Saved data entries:
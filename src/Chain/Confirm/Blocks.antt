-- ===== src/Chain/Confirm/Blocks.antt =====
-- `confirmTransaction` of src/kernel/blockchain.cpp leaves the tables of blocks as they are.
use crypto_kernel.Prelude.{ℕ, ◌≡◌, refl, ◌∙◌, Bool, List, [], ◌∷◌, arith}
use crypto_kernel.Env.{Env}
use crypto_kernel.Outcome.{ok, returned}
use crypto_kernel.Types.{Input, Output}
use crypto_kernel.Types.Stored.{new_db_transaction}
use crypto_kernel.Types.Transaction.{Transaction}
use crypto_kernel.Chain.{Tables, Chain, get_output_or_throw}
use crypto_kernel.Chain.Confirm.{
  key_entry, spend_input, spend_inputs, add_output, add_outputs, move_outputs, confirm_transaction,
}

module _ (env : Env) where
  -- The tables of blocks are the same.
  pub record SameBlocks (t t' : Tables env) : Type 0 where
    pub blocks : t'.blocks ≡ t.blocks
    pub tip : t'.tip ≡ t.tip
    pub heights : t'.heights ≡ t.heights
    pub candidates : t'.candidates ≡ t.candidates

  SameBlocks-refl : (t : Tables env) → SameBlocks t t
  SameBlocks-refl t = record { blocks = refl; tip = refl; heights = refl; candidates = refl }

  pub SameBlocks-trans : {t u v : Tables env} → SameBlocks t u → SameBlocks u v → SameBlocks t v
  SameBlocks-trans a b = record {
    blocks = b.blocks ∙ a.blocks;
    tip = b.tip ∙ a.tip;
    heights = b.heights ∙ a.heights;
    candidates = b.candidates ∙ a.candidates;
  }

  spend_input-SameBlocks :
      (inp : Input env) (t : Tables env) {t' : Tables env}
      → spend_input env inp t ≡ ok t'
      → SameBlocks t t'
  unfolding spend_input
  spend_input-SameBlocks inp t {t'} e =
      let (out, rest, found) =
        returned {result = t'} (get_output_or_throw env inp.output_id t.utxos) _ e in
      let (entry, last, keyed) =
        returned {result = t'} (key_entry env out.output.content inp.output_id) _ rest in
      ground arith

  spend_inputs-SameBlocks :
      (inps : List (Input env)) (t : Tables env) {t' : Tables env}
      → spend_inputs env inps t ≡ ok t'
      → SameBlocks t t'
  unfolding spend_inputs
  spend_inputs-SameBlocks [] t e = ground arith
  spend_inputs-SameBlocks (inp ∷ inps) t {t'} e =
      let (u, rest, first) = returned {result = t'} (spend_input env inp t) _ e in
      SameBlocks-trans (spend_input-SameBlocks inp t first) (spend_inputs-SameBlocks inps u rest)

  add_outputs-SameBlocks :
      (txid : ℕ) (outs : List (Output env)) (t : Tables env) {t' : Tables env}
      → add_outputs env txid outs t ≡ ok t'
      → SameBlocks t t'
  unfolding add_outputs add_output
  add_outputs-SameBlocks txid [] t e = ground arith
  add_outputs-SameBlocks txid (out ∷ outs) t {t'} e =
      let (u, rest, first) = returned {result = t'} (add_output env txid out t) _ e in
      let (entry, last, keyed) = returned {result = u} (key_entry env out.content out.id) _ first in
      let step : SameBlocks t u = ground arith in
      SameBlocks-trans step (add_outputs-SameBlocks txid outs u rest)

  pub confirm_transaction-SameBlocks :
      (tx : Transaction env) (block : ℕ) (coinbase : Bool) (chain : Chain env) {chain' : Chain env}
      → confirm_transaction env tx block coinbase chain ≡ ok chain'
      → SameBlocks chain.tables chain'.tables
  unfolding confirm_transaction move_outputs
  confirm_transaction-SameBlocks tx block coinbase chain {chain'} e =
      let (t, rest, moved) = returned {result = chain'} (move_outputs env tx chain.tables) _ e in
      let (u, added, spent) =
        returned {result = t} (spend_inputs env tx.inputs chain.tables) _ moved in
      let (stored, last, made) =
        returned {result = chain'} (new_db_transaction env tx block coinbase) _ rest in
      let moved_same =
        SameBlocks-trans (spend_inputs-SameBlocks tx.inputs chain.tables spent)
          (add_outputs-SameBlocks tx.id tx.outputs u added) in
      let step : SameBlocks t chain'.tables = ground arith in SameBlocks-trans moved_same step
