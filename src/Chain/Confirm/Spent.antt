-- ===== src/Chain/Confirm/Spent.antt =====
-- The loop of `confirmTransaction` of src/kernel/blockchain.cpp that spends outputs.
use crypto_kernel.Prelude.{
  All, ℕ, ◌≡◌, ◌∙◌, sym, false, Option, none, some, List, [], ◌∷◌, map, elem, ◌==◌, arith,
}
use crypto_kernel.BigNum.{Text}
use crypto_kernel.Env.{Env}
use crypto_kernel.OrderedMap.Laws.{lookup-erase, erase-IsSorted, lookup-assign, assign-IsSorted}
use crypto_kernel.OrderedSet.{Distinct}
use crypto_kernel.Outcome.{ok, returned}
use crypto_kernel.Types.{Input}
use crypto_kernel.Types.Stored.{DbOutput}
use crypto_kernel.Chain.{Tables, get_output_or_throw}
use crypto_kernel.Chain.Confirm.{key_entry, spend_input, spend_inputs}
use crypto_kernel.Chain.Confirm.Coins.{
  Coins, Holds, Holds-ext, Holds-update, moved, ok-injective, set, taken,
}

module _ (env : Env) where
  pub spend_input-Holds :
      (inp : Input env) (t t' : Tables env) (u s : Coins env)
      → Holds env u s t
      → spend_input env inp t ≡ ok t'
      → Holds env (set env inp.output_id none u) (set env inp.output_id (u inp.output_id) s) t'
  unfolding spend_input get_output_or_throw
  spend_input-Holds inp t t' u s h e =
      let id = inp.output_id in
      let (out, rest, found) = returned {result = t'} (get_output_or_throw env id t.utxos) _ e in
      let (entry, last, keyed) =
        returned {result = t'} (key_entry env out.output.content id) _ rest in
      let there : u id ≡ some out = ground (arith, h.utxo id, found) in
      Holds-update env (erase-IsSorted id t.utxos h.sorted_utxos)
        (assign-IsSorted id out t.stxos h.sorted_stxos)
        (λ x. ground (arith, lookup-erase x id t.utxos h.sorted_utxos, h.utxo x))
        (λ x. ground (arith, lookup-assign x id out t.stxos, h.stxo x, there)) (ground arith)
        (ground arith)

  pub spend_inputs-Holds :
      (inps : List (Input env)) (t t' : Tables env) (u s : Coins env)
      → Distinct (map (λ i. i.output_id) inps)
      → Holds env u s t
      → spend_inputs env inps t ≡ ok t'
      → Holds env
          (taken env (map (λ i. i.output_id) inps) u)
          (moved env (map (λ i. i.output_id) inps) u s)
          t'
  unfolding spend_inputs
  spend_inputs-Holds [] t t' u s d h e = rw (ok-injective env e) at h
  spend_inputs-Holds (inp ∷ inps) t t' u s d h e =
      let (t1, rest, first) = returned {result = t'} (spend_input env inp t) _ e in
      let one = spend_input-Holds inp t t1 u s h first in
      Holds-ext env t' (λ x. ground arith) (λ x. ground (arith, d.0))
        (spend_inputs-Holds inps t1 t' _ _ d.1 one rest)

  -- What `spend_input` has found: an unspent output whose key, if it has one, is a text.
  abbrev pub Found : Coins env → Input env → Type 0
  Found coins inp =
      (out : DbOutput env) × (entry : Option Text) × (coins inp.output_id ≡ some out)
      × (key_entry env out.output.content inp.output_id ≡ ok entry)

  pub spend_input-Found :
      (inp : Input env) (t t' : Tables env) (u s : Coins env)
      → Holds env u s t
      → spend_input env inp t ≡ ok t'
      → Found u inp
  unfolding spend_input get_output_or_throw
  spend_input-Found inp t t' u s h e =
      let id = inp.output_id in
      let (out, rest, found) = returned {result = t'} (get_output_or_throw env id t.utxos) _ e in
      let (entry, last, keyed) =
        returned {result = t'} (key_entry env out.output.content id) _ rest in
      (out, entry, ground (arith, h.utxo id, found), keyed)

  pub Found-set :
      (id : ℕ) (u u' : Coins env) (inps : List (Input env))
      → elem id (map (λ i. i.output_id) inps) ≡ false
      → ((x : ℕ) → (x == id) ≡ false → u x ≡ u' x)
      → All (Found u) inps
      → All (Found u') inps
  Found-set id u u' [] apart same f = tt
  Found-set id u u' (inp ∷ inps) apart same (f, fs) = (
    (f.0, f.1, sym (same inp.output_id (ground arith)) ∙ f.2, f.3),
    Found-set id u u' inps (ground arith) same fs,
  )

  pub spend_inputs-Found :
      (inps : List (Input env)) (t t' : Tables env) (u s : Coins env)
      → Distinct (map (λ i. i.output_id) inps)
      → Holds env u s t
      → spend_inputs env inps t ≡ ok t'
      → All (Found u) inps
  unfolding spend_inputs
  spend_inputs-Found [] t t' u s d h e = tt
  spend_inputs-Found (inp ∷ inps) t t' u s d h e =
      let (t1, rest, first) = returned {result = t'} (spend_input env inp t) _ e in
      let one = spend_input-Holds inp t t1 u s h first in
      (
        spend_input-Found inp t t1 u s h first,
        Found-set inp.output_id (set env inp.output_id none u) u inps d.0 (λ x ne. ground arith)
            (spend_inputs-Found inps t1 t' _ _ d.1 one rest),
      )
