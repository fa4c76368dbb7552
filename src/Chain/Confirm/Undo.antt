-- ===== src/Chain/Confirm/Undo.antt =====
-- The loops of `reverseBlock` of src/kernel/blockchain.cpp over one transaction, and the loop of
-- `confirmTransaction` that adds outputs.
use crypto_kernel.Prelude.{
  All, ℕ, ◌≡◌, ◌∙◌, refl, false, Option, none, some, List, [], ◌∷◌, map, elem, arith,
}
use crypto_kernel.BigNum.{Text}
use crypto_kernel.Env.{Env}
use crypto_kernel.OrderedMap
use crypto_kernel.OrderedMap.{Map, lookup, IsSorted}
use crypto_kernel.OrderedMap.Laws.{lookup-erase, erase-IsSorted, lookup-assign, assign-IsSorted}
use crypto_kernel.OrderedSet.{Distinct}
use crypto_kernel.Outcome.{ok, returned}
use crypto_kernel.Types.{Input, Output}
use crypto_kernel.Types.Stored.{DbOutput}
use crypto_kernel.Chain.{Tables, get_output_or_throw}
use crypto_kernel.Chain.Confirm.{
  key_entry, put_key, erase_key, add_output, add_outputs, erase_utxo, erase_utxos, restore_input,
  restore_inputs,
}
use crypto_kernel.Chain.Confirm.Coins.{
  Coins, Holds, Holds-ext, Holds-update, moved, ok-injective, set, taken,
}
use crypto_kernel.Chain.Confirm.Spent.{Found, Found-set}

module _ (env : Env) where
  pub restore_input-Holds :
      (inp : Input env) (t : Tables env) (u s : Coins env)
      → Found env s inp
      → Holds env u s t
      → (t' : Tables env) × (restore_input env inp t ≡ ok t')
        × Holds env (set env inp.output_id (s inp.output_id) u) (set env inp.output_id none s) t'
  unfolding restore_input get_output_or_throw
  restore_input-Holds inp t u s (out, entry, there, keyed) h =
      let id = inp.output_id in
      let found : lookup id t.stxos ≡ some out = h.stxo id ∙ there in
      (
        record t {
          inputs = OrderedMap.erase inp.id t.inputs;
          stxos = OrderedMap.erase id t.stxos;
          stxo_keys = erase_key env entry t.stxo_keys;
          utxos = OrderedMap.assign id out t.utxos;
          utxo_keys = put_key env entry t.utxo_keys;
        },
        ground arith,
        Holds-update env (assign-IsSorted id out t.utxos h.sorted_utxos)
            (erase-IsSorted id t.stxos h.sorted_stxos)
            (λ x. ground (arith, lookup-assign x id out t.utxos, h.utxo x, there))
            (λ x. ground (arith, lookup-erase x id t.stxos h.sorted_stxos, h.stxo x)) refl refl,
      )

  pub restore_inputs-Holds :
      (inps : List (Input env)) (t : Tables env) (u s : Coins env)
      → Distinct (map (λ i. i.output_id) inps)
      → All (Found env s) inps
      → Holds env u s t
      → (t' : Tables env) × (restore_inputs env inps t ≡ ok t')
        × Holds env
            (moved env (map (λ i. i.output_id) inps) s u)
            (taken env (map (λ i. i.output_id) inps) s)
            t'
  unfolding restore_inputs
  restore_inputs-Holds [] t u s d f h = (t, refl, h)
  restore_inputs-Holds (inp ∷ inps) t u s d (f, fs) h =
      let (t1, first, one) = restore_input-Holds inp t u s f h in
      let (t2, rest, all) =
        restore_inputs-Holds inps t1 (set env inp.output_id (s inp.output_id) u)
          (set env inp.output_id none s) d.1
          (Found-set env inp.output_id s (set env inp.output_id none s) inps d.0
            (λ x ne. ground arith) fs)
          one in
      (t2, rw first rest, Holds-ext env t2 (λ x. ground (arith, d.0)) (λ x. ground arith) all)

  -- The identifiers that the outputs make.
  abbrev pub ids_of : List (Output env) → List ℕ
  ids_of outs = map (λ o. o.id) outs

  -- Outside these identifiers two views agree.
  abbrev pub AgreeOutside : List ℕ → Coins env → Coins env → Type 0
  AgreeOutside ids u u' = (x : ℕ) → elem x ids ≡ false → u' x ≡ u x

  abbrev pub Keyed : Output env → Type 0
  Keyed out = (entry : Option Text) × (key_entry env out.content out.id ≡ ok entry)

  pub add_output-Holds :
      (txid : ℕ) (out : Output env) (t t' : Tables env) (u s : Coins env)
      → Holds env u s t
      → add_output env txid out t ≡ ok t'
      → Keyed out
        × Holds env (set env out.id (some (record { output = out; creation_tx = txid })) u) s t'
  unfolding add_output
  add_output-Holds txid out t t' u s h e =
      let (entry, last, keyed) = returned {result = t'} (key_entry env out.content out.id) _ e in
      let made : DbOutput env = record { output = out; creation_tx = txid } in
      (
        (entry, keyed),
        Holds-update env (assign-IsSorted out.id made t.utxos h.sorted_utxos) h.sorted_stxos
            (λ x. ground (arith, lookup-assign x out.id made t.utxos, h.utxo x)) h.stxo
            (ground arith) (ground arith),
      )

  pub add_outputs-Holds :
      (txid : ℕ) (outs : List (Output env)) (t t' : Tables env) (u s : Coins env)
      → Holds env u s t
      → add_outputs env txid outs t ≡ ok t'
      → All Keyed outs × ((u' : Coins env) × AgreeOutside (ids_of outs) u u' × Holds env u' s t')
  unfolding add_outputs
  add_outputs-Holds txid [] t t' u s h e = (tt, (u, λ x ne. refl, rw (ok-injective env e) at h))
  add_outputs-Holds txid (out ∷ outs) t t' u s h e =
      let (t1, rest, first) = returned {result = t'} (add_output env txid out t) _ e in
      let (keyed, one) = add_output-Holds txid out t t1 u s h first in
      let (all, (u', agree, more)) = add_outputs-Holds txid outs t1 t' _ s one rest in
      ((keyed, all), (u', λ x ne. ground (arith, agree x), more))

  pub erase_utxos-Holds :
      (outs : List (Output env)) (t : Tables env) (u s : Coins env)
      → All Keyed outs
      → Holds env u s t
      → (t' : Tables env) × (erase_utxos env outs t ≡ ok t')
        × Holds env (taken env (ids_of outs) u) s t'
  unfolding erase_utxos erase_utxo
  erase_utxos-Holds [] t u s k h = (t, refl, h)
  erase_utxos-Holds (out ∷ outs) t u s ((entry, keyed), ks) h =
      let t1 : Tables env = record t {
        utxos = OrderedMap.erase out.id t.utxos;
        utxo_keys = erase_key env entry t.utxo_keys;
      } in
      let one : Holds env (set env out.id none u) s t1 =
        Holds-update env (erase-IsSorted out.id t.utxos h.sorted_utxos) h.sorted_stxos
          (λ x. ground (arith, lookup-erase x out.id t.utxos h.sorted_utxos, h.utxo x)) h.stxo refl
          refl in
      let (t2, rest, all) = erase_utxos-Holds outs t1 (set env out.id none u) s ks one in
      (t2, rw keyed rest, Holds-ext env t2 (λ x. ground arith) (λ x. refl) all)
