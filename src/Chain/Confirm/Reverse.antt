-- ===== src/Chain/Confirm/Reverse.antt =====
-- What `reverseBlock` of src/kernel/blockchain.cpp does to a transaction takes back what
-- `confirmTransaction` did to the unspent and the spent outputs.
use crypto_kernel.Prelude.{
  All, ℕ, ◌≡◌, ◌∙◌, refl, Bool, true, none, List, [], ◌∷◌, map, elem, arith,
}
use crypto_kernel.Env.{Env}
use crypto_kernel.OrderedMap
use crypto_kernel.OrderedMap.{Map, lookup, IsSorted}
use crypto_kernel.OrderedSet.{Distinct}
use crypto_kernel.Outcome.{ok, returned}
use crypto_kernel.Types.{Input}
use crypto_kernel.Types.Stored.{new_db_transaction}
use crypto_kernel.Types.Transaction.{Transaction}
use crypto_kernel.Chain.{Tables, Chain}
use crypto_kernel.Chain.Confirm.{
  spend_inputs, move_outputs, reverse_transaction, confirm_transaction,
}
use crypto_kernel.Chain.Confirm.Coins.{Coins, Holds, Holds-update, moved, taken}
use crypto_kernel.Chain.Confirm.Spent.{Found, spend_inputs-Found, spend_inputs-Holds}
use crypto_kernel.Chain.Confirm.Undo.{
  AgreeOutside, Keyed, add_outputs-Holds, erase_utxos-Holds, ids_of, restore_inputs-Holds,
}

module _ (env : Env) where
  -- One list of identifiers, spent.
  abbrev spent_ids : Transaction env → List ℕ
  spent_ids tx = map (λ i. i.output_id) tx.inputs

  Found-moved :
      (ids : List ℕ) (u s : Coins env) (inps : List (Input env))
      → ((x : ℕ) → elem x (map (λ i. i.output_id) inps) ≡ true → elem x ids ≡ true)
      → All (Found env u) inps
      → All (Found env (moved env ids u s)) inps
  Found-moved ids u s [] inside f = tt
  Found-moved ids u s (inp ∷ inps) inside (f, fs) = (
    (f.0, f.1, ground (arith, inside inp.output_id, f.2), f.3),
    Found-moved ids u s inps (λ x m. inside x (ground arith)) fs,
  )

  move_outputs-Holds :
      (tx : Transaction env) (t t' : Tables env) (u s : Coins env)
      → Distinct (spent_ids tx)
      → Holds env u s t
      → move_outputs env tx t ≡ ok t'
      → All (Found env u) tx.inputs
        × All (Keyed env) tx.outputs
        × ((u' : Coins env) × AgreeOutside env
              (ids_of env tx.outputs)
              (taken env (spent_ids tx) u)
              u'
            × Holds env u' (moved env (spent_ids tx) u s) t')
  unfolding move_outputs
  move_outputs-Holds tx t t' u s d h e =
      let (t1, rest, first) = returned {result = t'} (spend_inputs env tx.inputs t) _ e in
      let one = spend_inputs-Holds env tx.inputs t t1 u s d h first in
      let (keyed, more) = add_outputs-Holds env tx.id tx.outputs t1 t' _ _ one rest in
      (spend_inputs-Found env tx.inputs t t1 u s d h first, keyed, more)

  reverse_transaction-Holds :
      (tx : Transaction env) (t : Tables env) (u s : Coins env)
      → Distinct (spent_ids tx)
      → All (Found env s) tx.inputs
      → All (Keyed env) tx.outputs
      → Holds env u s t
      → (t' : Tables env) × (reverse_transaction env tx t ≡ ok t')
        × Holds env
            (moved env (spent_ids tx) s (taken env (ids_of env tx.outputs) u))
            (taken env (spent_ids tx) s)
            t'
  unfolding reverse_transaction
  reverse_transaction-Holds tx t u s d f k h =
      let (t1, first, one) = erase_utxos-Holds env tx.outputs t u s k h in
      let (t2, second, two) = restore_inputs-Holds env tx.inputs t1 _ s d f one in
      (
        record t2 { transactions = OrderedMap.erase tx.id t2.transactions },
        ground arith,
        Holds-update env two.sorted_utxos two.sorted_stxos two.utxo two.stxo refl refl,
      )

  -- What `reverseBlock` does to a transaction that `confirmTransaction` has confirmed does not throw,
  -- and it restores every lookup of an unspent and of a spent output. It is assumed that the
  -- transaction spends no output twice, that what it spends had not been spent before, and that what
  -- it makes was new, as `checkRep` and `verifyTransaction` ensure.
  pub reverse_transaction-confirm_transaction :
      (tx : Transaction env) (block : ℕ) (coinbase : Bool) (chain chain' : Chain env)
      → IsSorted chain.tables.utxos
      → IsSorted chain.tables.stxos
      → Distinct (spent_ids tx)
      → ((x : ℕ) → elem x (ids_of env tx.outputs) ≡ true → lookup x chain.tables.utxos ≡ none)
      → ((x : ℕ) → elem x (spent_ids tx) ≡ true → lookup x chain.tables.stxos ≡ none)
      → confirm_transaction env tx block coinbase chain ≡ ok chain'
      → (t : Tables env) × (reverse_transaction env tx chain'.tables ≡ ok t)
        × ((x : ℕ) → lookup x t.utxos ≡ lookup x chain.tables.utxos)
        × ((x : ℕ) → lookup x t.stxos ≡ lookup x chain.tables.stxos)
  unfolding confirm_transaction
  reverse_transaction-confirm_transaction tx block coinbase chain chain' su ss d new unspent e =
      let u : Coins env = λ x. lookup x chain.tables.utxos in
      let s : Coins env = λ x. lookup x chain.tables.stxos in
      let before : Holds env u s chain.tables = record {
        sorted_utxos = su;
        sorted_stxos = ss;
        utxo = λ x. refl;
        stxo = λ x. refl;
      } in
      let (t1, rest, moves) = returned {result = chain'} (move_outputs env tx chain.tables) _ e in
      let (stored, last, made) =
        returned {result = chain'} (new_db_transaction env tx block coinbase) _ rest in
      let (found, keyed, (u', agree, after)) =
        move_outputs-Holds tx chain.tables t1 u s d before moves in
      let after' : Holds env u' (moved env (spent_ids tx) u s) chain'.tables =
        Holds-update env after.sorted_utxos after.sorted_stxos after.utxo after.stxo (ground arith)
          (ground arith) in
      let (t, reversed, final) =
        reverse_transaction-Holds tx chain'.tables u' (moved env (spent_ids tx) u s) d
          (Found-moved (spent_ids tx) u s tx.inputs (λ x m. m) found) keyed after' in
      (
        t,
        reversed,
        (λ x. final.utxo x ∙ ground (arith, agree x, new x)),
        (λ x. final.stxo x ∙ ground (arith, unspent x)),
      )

> **TASK BRIEF**
Select and copy every line from the records that includes the word "inside".

> **RESULT OF THE EXERCISE**
  Found-moved ids u s [] inside f = tt
  Found-moved ids u s (inp ∷ inps) inside (f, fs) = (
    (f.0, f.1, ground (arith, inside inp.output_id, f.2), f.3),
    Found-moved ids u s inps (λ x m. inside x (ground arith)) fs,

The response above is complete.